While the studies showed statistically significant decreases in the primary endpoints, the FDA reviewers questioned the magnitude of the clinical benefit. Other issues raised by FDA reviewers included the “urologically heterogeneous” population of patients in the two studies, which included, for example, patients with small-capacity bladders and those taking medications for overactive bladder or benign prostatic hypertrophy.
Currently, there is no FDA-approved treatment for nocturia or nocturnal polyuria. Desmopressin, in a tablet formulation, is approved in the United States for treating central diabetes insipidus and nocturnal enuresis in children and is occasionally used off-label for patients with nocturia. It is also approved for preventing bleeding in patients with hemophilia A or type 1 von Willebrand’s disease with a subcutaneous injection or nasal spray formulation.
The 25-mcg and the 50-mcg doses of the desmopressin orally disintegrating tablet are equivalent to the 42-mcg and 83-mcg doses of the desmopressin tablet, respectively, according to the FDA.
The orally disintegrating tablet formulation of desmopressin was approved in Canada in 2014 as a treatment for nocturia due to nocturnal polyuria at the same doses were proposed for approval in the United States.

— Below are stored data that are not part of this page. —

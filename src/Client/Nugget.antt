-- ===== src/Client/Nugget.antt =====
-- libnos/NuggetClient.cpp.
pub mod Lifetime
pub mod Calls
pub mod OnChip
use mathlib.Core.Option
use platform_external_nos_ho.Base.{
  ℕ, ◌-◌, ◌%◌, ◌^◌, List, [], ◌∷◌, Bool, true, false, not, ltb, length, Option, none, some, M, ℤ,
  pos, negsuc, is_nonzero, if◌then◌else◌,
}
use platform_external_nos_ho.Application.AppStatus.{
  app_error_io, app_error_too_much, app_error_not_ready,
}
use platform_external_nos_ho.Device.{NosDevice}
use platform_external_nos_ho.Transport.Context.{TransportContext, Reply}
use platform_external_nos_ho.Transport.Call.{nos_call_application}
use platform_external_nos_ho.Client.Vector.{Vector, resize}
use platform_external_nos_ho.Client.Host.{Host, OpenDevice}

-- `device_name_`, `device_` and `open_`. `device` is what `nos_device_open` has stored, and `config`
-- is `device_.config`, which nothing reads.
pub record NuggetClient (W : Type 0) : Type 0 where
  pub device_name : List ℕ
  pub config : ℕ
  pub device : Option (OpenDevice W)
  pub is_open : Bool

-- The constructors; a null name is the empty one.
unfoldable pub nugget_client : {W : Type 0} → Option (List ℕ) → ℕ → NuggetClient W
nugget_client name config = record {
  device_name = Option.get_or name [];
  config = config;
  device = none;
  is_open = false;
}

-- `device_name_.empty() ? nullptr : device_name_.c_str()`
abbrev pub name_given : List ℕ → Option (List ℕ)
name_given [] = none
name_given (c ∷ cs) = some (c ∷ cs)

-- `uint32_t` of an `int`.
abbrev pub u32_of : ℤ → ℕ
u32_of (pos n) = n % 2 ^ 32
u32_of (negsuc n) = 2 ^ 32 - 1 - n % 2 ^ 32

-- The request that a client makes: the app's id and its argument are cut to their C types.
unfoldable pub request_context : {W : Type 0} → NosDevice W → ℕ → ℕ → List ℕ → TransportContext W
request_context dev app_id arg request = record {
  dev = dev;
  app_id = app_id % 2 ^ 8;
  params = arg % 2 ^ 16;
  args = some request;
  arg_len = length request % 2 ^ 32;
}

-- `replyData` and `replySize` of a response that has been resized, or of none.
abbrev pub reply_of : Option Vector → Reply
reply_of none = record { reply = none; reply_len = some 0 }
reply_of (some v) = record { reply = some v.bytes; reply_len = some (length v.bytes % 2 ^ 32) }

-- The response with the bytes that the call has left, before it is resized to `replySize`.
abbrev pub response_after : Option Vector → Reply → Option Vector
response_after none r = none
response_after (some v) r =
    some (resize (record v { bytes = Option.get_or r.reply v.bytes }) (Option.get_or r.reply_len 0))

-- `response->resize(response->capacity())`
abbrev pub resized : Option Vector → Option Vector
resized none = none
resized (some v) = some (resize v v.capacity)

-- The device of an open client: `Device()`, and the guard `open_` of the other methods.
unfoldable pub device_of : {W : Type 0} → NuggetClient W → Option (OpenDevice W)
device_of c = if c.is_open then c.device else none

module _ {W : Type 0} (host : Host W) where
  unfoldable pub open_client : NuggetClient W → W → NuggetClient W × W
  open_client c w =
      let ((err, device), w') = host.nos_device_open (name_given c.device_name) w in
      let stored : Option (OpenDevice W) = elim device [ none ↦ c.device | some d ↦ some d ] in
      if c.is_open
      then (c, w)
      else (record c { device = stored; is_open = not (is_nonzero err) }, w')

  unfoldable pub close_client : NuggetClient W → W → NuggetClient W × W
  close_client c w =
      let closed : W = elim c.device [ none ↦ w | some d ↦ d.close w ] in
      if c.is_open then (record c { is_open = false }, closed) else (c, w)

  -- From the size check on, on the open device; `none` is a poll loop that ran out of fuel.
  unfoldable pub call_device :
      ℕ → OpenDevice W → ℕ → ℕ → List ℕ → Option Vector → W → Option ((ℕ × Option Vector) × W)
  unfolding request_context
  call_device fuel d app_id arg request response w =
      let full = resized response in
      let ctx = request_context d.device app_id arg request in
      elim (nos_call_application host.platform ctx fuel (reply_of full) w) [
        | none ↦ none
        | some ((code, r), w') ↦ some ((code, response_after full r), w')
      ]

  unfoldable pub call_app :
      ℕ → NuggetClient W → ℕ → ℕ → List ℕ → Option Vector → W → Option ((ℕ × Option Vector) × W)
  unfolding device_of call_device
  call_app fuel c app_id arg request response w = elim (device_of c) [
    | none ↦ some ((app_error_io, response), w)
    | some d ↦
        if ltb (2 ^ 32 - 1) (length request)
        then some ((app_error_too_much, response), w)
        else call_device fuel d app_id arg request response w
  ]

  -- The device's result as a `uint32_t`.
  unfoldable pub reset_client : NuggetClient W → M W ℕ
  unfolding device_of
  reset_client c w = elim (device_of c) [
    | none ↦ (app_error_not_ready, w)
    | some d ↦ let (err, w') = d.reset w in (u32_of err, w')
  ]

Higher doses have been approved in more than 65 countries).
The FDA usually follows the recommendations of its advisory panels.
In a statement issued after the meeting, Dr. Paul Korner, senior vice president for U.S. development at Ferring, said, “We look forward to working with the FDA to ensure it has the data needed to complete its evaluation of the safety and efficacy of this medication.”
The FDA is expected to make a decision during the first quarter of 2015, according to the company.
FDA panelists were cleared of conflicts.